Naarmate we ouder worden, verliezen we een groot deel van onze spiermassa. Dit leidt tot een beperking van het functioneel vermogen en een groter risico op chronische stofwisselingsziekten, zoals obesitas en type 2 diabetes. Dit verlies van spiermassa wordt vaak beschouwd als een onvermijdelijk gevolg van veroudering, maar blijkt voor een groot deel te zijn toe te schrijven aan een inactieve levensstijl. Bovendien is het tot op hoge leeftijd omkeerbaar. Dat stelt prof. dr. Luc van Loon in zijn oratie ‘De menselijke motor’, waarmee hij het ambt aanvaardt van bijzonder hoogleraar ‘Fysiologie van Inspanning’ aan de Universiteit Maastricht, 10 november aanstaande.

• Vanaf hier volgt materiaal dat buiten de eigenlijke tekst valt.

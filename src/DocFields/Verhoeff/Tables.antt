-- ===== src/DocFields/Verhoeff/Tables.antt =====
-- What the two tables are good for, checked at every entry.
use circle_core.Prelude.{
  ℕ, ◌+◌, ◌%◌, ◌<◌, ◌≡◌, ◌≢◌, refl, Bool, true, ltb→lt, not, ◌||◌, arith, ◌==◌, ltb, all_below,
  all_below_sound,
}
use circle_core.DocFields.Verhoeff.{step}

differs : ℕ → ℕ → ℕ → ℕ → Bool
differs a b x y = (a == b) || not (x == y)

differs→ne : (a b x y : ℕ) → differs a b x y ≡ true → a ≢ b → x ≢ y
unfolding differs
differs→ne a b x y h n = ground arith

step_table : all_below 8 (λ i. all_below 10 (λ c. all_below 10 (λ x. ltb (step i c x) 10))) ≡ true
unfolding all_below step
step_table = refl

digit_table :
    all_below 8 (λ i.
      all_below 10
        (λ c. all_below 10 (λ x. all_below 10 (λ y. differs x y (step i c x) (step i c y)))))
    ≡ true
unfolding all_below step differs
digit_table = refl

checksum_table :
    all_below 8 (λ i.
      all_below 10
        (λ x. all_below 10 (λ c. all_below 10 (λ d. differs c d (step i c x) (step i d x)))))
    ≡ true
unfolding all_below step differs
checksum_table = refl

swap_table :
    all_below 8 (λ i. all_below 10 (λ c. all_below 10 (λ x.
      all_below 10 (λ y. differs x y (step (i + 1) (step i c x) y) (step (i + 1) (step i c y) x)))))
    ≡ true
unfolding all_below step differs
swap_table = refl

step-mod : (p c x : ℕ) → step (p % 8) c x ≡ step p c x
unfolding step
step-mod p c x = let e : (p % 8) % 8 ≡ p % 8 = omega arith in rw e

step-mod_suc : (p c x : ℕ) → step (p % 8 + 1) c x ≡ step (p + 1) c x
unfolding step
step-mod_suc p c x = let e : (p % 8 + 1) % 8 ≡ (p + 1) % 8 = omega arith in rw e

mod_lt : (p : ℕ) → p % 8 < 8
mod_lt p = omega arith

-- The checksum stays a digit.
pub step_lt : (p c x : ℕ) → c < 10 → x < 10 → step p c x < 10
step_lt p c x hc hx = rw (← step-mod) (
    ltb→lt _ _ (
      all_below_sound 10 _ x
        (all_below_sound 10 _ c (all_below_sound 8 _ (p % 8) step_table (mod_lt p)) hc) hx))

module _ (i : ℕ) (hi : i < 8) where
  below_ne_digit : (c x y : ℕ) → c < 10 → x < 10 → y < 10 → x ≢ y → step i c x ≢ step i c y
  below_ne_digit c x y hc hx hy = differs→ne x y _ _ (
      all_below_sound 10 _ y
        (all_below_sound 10 _ x (all_below_sound 10 _ c (all_below_sound 8 _ i digit_table hi) hc)
          hx)
        hy)

  below_ne_checksum : (c d x : ℕ) → c < 10 → d < 10 → x < 10 → c ≢ d → step i c x ≢ step i d x
  below_ne_checksum c d x hc hd hx = differs→ne c d _ _ (
      all_below_sound 10 _ d
        (all_below_sound 10 _ c
          (all_below_sound 10 _ x (all_below_sound 8 _ i checksum_table hi) hx) hc)
        hd)

  below_ne_swap :
      (c x y : ℕ)
      → c < 10
      → x < 10
      → y < 10
      → x ≢ y
      → step (i + 1) (step i c x) y ≢ step (i + 1) (step i c y) x
  below_ne_swap c x y hc hx hy = differs→ne x y _ _ (
      all_below_sound 10 _ y
        (all_below_sound 10 _ x (all_below_sound 10 _ c (all_below_sound 8 _ i swap_table hi) hc)
          hx)
        hy)

-- A round tells digits apart,
pub step-ne_digit : (p c x y : ℕ) → c < 10 → x < 10 → y < 10 → x ≢ y → step p c x ≢ step p c y
step-ne_digit p c x y hc hx hy n =
    rw (← step-mod p c x, ← step-mod p c y) (below_ne_digit (p % 8) (mod_lt p) c x y hc hx hy n)

-- checksums apart,
pub step-ne_checksum : (p c d x : ℕ) → c < 10 → d < 10 → x < 10 → c ≢ d → step p c x ≢ step p d x
step-ne_checksum p c d x hc hd hx n =
    rw (← step-mod p c x, ← step-mod p d x) (below_ne_checksum (p % 8) (mod_lt p) c d x hc hd hx n)

-- and two rounds tell apart the two orders of two digits.
pub step-ne_swap :
    (p c x y : ℕ)
    → c < 10
    → x < 10
    → y < 10
    → x ≢ y
    → step (p + 1) (step p c x) y ≢ step (p + 1) (step p c y) x
step-ne_swap p c x y hc hx hy n =
    rw
      (
        ← step-mod_suc p (step p c x) y,
        ← step-mod_suc p (step p c y) x,
        ← step-mod p c x,
        ← step-mod p c y,
      )
      (below_ne_swap (p % 8) (mod_lt p) c x y hc hx hy n)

Met zijn onderzoeksgroep bestudeert Van Loon de rol van de skeletspier in de stofwisseling van de mens en de invloed die voeding en training hierop hebben. Zijn onderzoeksgroep richt zich op verbetering van de gezondheid en functionele lichaamsprestaties bij chronische stofwisselingsziekten (obesitas en diabetes type2) en veroudering.
De mens als motor
“Het bewegingsapparaat van de mens is een complexe machine en kan gezien worden als een motor. Echter, in tegenstelling tot de conventionele verbrandingsmotor, is de menselijke motor in staat om zelf de juiste brandstof te kiezen om optimaal te kunnen presteren. Dat gebeurt via de skeletspier. Bovendien kan de motor de meest gunstige locatie selecteren vanwaar de benodigde brandstoffen vandaan worden gehaald”, stelt Van Loon. Dit betekent dat door een effectieve combinatie van training en voeding, het prestatievermogen van het lichaam kan worden geoptimaliseerd. “Zelfs op hoge leeftijd kan middels het verhogen van de dagelijkse hoeveelheid fysieke activiteit en specifieke krachttraining een enorme toename in spiermassa, kracht, en functioneel vermogen bereikt worden.”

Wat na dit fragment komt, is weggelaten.